[Required action]
Your reply must be the number of lines in the entries that hold the word "same", and nothing else.

Saved data entries:
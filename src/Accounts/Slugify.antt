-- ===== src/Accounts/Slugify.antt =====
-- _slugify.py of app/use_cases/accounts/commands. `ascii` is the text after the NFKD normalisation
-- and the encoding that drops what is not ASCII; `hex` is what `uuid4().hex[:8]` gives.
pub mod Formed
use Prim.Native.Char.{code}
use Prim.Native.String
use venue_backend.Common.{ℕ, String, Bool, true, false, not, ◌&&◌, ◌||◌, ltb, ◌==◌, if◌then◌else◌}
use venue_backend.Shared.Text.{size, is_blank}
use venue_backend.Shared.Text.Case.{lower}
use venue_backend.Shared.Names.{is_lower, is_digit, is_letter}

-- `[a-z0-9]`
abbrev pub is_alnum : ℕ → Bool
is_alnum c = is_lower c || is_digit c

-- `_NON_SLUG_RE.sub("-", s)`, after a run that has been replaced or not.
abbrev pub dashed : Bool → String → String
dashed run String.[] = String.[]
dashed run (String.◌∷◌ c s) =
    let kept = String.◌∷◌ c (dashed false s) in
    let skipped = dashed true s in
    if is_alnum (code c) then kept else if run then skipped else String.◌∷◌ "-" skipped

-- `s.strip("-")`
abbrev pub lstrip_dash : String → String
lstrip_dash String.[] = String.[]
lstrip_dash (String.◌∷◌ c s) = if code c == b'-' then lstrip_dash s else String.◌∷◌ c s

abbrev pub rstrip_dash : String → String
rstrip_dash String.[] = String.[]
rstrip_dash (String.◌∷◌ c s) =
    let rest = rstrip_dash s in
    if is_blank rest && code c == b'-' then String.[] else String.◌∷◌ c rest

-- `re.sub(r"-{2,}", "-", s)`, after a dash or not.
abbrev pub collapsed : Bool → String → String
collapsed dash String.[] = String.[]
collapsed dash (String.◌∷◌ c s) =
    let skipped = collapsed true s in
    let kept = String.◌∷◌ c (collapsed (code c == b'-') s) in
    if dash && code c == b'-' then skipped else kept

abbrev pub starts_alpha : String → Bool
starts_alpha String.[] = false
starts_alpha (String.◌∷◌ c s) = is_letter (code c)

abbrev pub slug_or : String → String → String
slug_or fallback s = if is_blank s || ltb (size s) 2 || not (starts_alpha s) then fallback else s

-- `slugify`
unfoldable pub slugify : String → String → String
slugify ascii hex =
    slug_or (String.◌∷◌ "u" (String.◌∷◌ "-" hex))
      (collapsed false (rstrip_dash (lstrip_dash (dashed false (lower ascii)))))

* * *

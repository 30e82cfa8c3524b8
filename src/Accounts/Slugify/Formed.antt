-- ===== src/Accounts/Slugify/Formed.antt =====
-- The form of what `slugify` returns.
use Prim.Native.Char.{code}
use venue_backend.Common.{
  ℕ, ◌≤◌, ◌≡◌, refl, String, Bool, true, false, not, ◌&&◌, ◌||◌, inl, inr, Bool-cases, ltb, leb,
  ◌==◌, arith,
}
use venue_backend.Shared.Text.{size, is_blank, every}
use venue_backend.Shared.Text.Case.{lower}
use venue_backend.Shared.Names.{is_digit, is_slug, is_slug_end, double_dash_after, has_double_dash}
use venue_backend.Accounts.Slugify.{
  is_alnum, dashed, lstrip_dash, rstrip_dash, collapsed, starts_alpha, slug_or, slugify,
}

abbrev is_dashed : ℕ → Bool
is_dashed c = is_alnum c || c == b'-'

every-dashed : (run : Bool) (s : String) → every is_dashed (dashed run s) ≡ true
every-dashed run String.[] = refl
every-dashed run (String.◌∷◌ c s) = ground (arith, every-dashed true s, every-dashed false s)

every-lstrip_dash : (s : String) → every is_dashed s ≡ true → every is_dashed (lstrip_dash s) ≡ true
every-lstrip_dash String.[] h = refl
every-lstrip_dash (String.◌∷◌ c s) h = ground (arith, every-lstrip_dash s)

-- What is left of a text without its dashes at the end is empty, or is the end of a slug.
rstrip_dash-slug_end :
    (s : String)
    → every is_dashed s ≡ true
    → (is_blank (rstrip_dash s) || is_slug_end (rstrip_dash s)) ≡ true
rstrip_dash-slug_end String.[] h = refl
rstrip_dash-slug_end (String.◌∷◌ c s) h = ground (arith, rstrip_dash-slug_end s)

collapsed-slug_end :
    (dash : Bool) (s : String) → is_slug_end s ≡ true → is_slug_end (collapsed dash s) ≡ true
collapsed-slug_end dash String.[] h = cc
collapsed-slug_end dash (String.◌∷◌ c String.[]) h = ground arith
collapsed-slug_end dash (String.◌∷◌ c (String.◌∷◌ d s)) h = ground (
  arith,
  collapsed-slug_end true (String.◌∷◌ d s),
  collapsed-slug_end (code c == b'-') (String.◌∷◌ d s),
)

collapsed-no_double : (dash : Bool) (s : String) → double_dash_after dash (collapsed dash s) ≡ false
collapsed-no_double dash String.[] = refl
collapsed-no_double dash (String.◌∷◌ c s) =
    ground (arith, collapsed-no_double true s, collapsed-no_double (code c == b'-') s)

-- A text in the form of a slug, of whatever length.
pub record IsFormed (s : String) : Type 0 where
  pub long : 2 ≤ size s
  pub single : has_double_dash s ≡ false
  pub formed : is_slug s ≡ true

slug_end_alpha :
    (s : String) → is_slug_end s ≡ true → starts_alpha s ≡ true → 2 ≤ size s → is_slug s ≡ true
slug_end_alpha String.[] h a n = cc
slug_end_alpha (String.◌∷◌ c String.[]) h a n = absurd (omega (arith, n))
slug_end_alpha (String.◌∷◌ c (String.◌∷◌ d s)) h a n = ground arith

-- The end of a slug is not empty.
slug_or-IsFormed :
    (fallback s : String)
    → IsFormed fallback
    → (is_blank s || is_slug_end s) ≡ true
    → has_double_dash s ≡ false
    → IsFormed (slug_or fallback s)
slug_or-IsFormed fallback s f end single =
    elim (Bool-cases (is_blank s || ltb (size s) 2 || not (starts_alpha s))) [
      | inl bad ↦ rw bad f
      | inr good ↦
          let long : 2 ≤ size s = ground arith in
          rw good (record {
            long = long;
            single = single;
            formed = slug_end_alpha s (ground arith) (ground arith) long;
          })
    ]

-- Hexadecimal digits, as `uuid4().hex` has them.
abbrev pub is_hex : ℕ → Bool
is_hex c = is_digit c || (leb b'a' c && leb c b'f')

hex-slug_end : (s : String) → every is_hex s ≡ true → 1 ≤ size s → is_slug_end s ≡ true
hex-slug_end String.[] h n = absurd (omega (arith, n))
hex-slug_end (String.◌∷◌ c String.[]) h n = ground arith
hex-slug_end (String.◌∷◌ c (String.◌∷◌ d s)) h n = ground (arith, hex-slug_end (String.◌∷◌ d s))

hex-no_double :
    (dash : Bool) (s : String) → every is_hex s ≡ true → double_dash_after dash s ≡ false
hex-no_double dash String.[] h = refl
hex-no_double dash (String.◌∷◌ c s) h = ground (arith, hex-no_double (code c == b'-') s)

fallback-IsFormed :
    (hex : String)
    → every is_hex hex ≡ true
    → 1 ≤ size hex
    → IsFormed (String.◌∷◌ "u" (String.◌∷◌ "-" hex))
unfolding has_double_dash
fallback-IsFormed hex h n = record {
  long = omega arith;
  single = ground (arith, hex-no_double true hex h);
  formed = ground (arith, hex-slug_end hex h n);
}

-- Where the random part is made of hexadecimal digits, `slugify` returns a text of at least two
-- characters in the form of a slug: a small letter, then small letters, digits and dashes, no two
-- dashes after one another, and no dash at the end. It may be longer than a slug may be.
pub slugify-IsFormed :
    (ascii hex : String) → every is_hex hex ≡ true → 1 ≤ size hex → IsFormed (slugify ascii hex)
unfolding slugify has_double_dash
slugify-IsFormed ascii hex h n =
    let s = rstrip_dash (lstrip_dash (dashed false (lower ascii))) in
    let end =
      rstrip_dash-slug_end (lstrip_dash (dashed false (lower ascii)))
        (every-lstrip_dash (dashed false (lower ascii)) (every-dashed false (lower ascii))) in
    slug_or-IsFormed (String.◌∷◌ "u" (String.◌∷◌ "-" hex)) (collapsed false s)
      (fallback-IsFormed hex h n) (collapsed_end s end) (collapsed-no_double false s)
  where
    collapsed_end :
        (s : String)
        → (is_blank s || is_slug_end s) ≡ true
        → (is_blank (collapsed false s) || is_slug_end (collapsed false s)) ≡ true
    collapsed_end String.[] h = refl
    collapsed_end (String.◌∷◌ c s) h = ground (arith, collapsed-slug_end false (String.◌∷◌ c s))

---

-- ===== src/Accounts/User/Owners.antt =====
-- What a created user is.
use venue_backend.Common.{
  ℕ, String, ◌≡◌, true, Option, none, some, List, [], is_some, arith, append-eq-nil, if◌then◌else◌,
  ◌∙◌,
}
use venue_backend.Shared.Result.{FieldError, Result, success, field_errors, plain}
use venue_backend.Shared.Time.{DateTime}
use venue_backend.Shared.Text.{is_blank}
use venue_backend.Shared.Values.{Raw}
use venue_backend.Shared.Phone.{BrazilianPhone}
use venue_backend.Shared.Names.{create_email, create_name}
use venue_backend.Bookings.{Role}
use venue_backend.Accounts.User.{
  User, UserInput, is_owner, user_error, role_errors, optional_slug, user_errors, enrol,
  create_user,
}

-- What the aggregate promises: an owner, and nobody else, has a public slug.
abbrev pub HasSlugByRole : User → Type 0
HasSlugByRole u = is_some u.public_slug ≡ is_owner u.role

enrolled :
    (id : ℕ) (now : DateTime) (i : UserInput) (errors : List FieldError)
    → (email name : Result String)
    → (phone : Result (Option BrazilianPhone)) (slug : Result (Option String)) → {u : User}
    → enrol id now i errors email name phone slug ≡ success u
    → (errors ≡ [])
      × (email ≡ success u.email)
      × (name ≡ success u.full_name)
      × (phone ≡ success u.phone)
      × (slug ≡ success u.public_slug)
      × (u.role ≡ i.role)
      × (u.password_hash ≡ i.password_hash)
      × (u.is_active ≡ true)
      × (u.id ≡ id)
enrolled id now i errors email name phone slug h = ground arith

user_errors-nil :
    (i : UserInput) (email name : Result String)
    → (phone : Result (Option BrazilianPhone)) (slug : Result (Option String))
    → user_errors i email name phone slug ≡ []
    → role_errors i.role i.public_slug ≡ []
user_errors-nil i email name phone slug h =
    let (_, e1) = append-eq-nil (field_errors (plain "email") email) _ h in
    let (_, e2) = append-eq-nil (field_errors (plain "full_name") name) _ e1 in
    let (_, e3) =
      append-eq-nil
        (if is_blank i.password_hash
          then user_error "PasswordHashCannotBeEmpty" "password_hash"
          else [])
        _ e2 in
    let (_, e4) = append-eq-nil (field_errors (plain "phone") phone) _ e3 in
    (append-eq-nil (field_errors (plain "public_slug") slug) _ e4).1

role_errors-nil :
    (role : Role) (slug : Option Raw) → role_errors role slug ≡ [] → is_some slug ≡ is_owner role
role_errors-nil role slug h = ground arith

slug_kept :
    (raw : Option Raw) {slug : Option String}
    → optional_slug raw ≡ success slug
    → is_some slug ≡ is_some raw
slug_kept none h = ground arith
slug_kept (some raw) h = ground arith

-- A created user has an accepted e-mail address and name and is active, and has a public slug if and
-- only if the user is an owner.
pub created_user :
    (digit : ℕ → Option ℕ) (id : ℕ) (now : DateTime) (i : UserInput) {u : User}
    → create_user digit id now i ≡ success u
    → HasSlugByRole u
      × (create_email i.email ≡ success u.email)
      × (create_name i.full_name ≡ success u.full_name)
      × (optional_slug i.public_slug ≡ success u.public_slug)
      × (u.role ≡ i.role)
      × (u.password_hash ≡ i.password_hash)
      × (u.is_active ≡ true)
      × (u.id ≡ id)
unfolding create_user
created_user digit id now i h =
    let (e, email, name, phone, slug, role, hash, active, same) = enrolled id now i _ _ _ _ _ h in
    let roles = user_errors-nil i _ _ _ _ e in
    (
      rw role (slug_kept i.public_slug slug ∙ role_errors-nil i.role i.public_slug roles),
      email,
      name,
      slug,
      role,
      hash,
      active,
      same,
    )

[Exercise result]
2